On August 14, 2006, Equus II Incorporated issued a press release announcing an investment commitment of up to $11,100,000 in the assisted living market sector. The text of the press release is included as Exhibit 99.1 to this Current Report and is incorporated herein by reference. The press release is furnished pursuant to Item 2.02 and shall not be deemed “filed” for purposes of Section 18 of the Securities Exchange Act of 1934 (the “Exchange Act”), or subject to the liabilities of that Section. . The information in this Current Report shall not be incorporated by reference in any filing under the Securities Act of 1933 or the Exchange Act, except as shall be expressly set forth by specific reference in such filing.

Item 9.01. Financial Statements and Exhibits.

 

  (a) None

 

  (b) None

 

  (c) Exhibits

 

Exhibit No.  

Description

99.1   Press Release dated August 14, 2006


SIGNATURE

Pursuant to the requirements of the Securities Exchange Act of 1934, the registrant has duly caused this report to be signed on its behalf by the undersigned hereunto duly authorized.

 

    EQUUS II INCORPORATED
Dated: August 15, 2006   By:  

/s/ HARRY O. NICODEMUS IV

   

Harry O. Nicodemus IV

Vice President and Chief Financial Officer

EX-99.1 2 dex991.htm PRESS RELEASE Press Release

Exhibit 99.1

 

FOR IMMEDIATE RELEASE   CONTACT:   Brett Chiles
    (713) 529-0900    

EQUUS II INCORPORATED ANNOUNCES INVESTMENT

COMMITMENT OF UP TO $11,100,000 IN

ASSISTED LIVING MARKET

HOUSTON, TX – August 14, 2006 – Equus II Incorporated (NYSE: EQS) (“Equus” or the “Fund”) announces an investment commitment of up to $11,100,000 in RP&C International Investments LLC (“RP&C”), a Delaware LLC private investment fund.

RP&C, which is managed by RP&C International, Inc., will invest in preferred equity or subordinated debt of entities which will acquire nursing and residential care homes in the United Kingdom and/or Germany.

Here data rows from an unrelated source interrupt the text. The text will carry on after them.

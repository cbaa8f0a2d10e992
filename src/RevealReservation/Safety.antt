-- ===== src/RevealReservation/Safety.antt =====
-- Histories of calls on the reveal use case.
use pod_backend.Common.{ℕ, ◌≤◌, List, [], ◌∷◌, Text, ℤ, arith, Option-cases, inl, inr, refl, Bool}
use pod_backend.Entity.Reservation.{released}
use pod_backend.Ledger.{World, Ledger, Config, get_active}
use pod_backend.Ledger.Limit.{Safe, Safe-later, new_ledger-Safe, close_found-Safe}
use pod_backend.Ledger.Sweep.{cleanup_deleting-Safe}
use pod_backend.RevealReservation.{
  new_reveal_reservation_use_case, reserve, reserve_batch, cancel, release_on_terminal,
  cleanup_expired,
}
use pod_backend.RevealReservation.Batch.{reserve_batch-Safe}
use pod_backend.Wallet.{AddressLib}

module _ (lib : AddressLib) (w : World) where
  cancel-Safe :
      (st : Ledger) (g : ℤ) (wallet : Text)
      → Safe lib w.now st
      → Safe lib w.now (cancel lib w st g wallet).0
  unfolding cancel
  cancel-Safe st g wallet s = elim (Option-cases (get_active w.now st g)) [
    | inl e ↦ rw (e, cancel) s
    | inr (r, e) ↦ ground (arith, close_found-Safe lib released w.now st g r e refl s)
  ]

  release_on_terminal-Safe :
      (st : Ledger) (g : ℤ) → Safe lib w.now st → Safe lib w.now (release_on_terminal lib w st g).0
  unfolding release_on_terminal
  release_on_terminal-Safe st g s = elim (Option-cases (get_active w.now st g)) [
    | inl e ↦ rw (e, release_on_terminal) s
    | inr (r, e) ↦ rw (e, release_on_terminal) (close_found-Safe lib released w.now st g r e refl s)
  ]

-- The calls that change the ledger.
pub data Call : Type 0 where
  reserves : ℤ → Text → Call
  reserves_all : List ℤ → Text → Call
  cancels_by : ℤ → Text → Call
  terminates : ℤ → Call
  cleans : Call

unfoldable pub step : AddressLib → World → Ledger → Call → Ledger
step lib w st (reserves g wallet) = (reserve lib w st g wallet).0
step lib w st (reserves_all gs wallet) = (reserve_batch lib w st gs wallet).0
step lib w st (cancels_by g wallet) = (cancel lib w st g wallet).0
step lib w st (terminates g) = (release_on_terminal lib w st g).0
step lib w st cleans = (cleanup_expired lib w.now st).0

step-Safe :
    (lib : AddressLib) (w : World) (st : Ledger) (c : Call)
    → Safe lib w.now st
    → Safe lib w.now (step lib w st c)
unfolding step reserve cleanup_expired
step-Safe lib w st (reserves g wallet) s = reserve_batch-Safe lib w st (g ∷ []) wallet s
step-Safe lib w st (reserves_all gs wallet) s = reserve_batch-Safe lib w st gs wallet s
step-Safe lib w st (cancels_by g wallet) s = cancel-Safe lib w st g wallet s
step-Safe lib w st (terminates g) s = release_on_terminal-Safe lib w st g s
step-Safe lib w st cleans s = cleanup_deleting-Safe lib w.now st s

-- What calls can make of a ledger, in the order of time: the family holds of the time and the ledger
-- after the last one.
pub data Reaches (lib : AddressLib) (start : Ledger) : ℕ → Ledger → Type 0 where
  begins : (now : ℕ) → Reaches lib start now start
  calls :
      {now : ℕ} {st : Ledger} (w : World) (c : Call)
      → Reaches lib start now st
      → now ≤ w.now
      → Reaches lib start w.now (step lib w st c)

-- In every ledger that calls in the order of time make of a new reveal use case, games have one entry,
-- under their own id, each entry with the status `active` stands in the index of its wallet, and no
-- wallet holds more active reservations than the configured limit.
pub Reaches-Safe :
    (lib : AddressLib) (broadcast : Bool) (cfg : Config) {now : ℕ} {st : Ledger}
    → Reaches lib (new_reveal_reservation_use_case broadcast cfg) now st
    → Safe lib now st
unfolding new_reveal_reservation_use_case
Reaches-Safe lib broadcast cfg (begins now) = new_ledger-Safe lib now _ _ broadcast cfg
Reaches-Safe lib broadcast cfg (calls w c r h) =
    step-Safe lib w _ c (Safe-later lib h (Reaches-Safe lib broadcast cfg r))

“This investment fits well within the Equus strategy to capitalize on twenty-first century trends, with the private sector providing healthcare services to an aging population. These services are underwritten by governments which can’t afford to provide them directly on a competitive basis,” commented Anthony R. Moore, Co-Chairman, CEO and President of Equus.

RP&C International, Inc. is an investment banking firm providing specialist advisory services to public and private companies globally. These include private placements of equity, debt and convertible securities for public and private issuers; formation, re-structuring and management of investment funds; development and placement of structured finance products; as well as merger and acquisition and other corporate finance advice. RP&C International’s shareholders include Nationwide Mutual Insurance Company, one of the largest property/casualty insurance companies in the United States and BOCP Holdings Corporation, a subsidiary of JP Morgan Chase & Co.

Equus is a business development company that trades as a closed-end fund on the New York Stock Exchange, under the symbol “EQS”. Additional information on Equus may be obtained from the website at www.equuscap.com.

This press release may contain certain forward-looking statements regarding future circumstances. These forward-looking statements are based upon the Company’s current expectations and assumptions and are subject to various risks and uncertainties that could cause actual results to differ materially from those contemplated in such forward-looking statements including, in particular, the risks and uncertainties described in the Company’s filings with the Securities and Exchange Commission. Actual results, events, and performance may differ. Readers are cautioned not to place undue reliance on these forward-looking statements, which speak only as to the date hereof. The Company undertakes no obligation to release publicly any revisions to these forward-looking statements that may be made to reflect events or circumstances after the date hereof or to reflect the occurrence of unanticipated events. The inclusion of any statement in this release does not constitute an admission by the Company or any other person that the events or circumstances described in such statements are material.